The first level is Yusuf's dream of a rainy Los Angeles. The team abducts Fischer, but they are attacked by armed projections from Fischer's subconscious, which has been trained to defend against extraction. The team takes Fischer and a wounded Saito to a warehouse, where Cobb reveals that while dying in the dream would normally wake Saito up, the powerful sedatives needed to stabilize the multi-level dream will instead send a dying dreamer into "limbo", a world of infinite subconscious from which it is very difficult to escape. Despite these setbacks, the team continues with the mission.

Eames impersonates Fischer's godfather, Peter Browning (Tom Berenger), to suggest Fischer reconsider his father's will. Yusuf drives the van as the other dreamers are sedated into the second level.
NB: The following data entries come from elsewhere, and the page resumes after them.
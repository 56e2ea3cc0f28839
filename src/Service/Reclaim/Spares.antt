-- ===== src/Service/Reclaim/Spares.antt =====
-- The jobs that ReclaimOrphanedJobs leaves to their workers.
use queue_ctl.Prelude.{◌+◌, ◌≡◌, false, none, some, arith, get_last?, find_row}
use queue_ctl.Domain.Job.{Job}
use queue_ctl.Domain.ExecutionLog.{ExecutionLog}
use queue_ctl.Domain.Worker.{Worker, stopped, worker_status_eq}
use queue_ctl.Store.{Env, World}
use queue_ctl.Repository.Logs as Logs
use queue_ctl.Repository.Workers as Workers
use queue_ctl.Service.Queue.{Settings}
use queue_ctl.Service.Reclaim.{find_dead_owner, reclaim_one}

-- The body of the loop of ReclaimOrphanedJobs leaves all tables as they are if the last log of the
-- job belongs to a worker whose row is not stopped, and the driver reports no fault when that row is
-- read, which is the second call of the database.
pub reclaim_one-spares :
    (env : Env) (s : Settings) (job : Job) (w : World) (l : ExecutionLog) (owner : Worker)
    → get_last? (Logs.logs_of job.id w.db.logs) ≡ some l
    → find_row (Workers.has_id l.worker_id) w.db.workers ≡ some owner
    → worker_status_eq owner.status stopped ≡ false
    → env.fault (w.calls + 1) ≡ none
    → (reclaim_one env s job w).db ≡ w.db
unfolding reclaim_one find_dead_owner Logs.get_by_job_id Workers.get_by_id
reclaim_one-spares env s job w l owner last row alive calm = ground arith
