-- ===== src/Service.antt =====
-- internal/service/job_service.go, by groups of operations.
pub mod Queue
pub mod Handlers
pub mod Fetch
pub mod Outcomes
pub mod Reclaim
Eames impersonating Peter Browning.


In the second level, a hotel dreamed by Arthur, Cobb convinces Fischer that he has been kidnapped by Browning and Cobb is his subconscious protector. Cobb persuades him to go down another level to explore Browning's subconscious (in 'reality', it is a ruse to enter Fischer's).

The third level is a snowy mountain fortress dreamed by Eames. The team has to infiltrate it and hold off the guards as Cobb takes Fischer into the equivalent of his subconscious.

Yusuf, under pursuit by Fischer's projections in the first level, accidentally drives off a bridge and initiates his kick too soon. This removes the gravity of Arthur's level, forcing him to improvise a new kick that will synchronize with the van hitting the water, and causes an avalanche in Eames' level. The Mal projection kills Fischer, Cobb kills Mal, and Saito succumbs to his wounds; all three fall into limbo. While Eames sets up a kick by rigging the fortress with explosives, Cobb and Ariadne enter limbo to rescue Fischer and Saito.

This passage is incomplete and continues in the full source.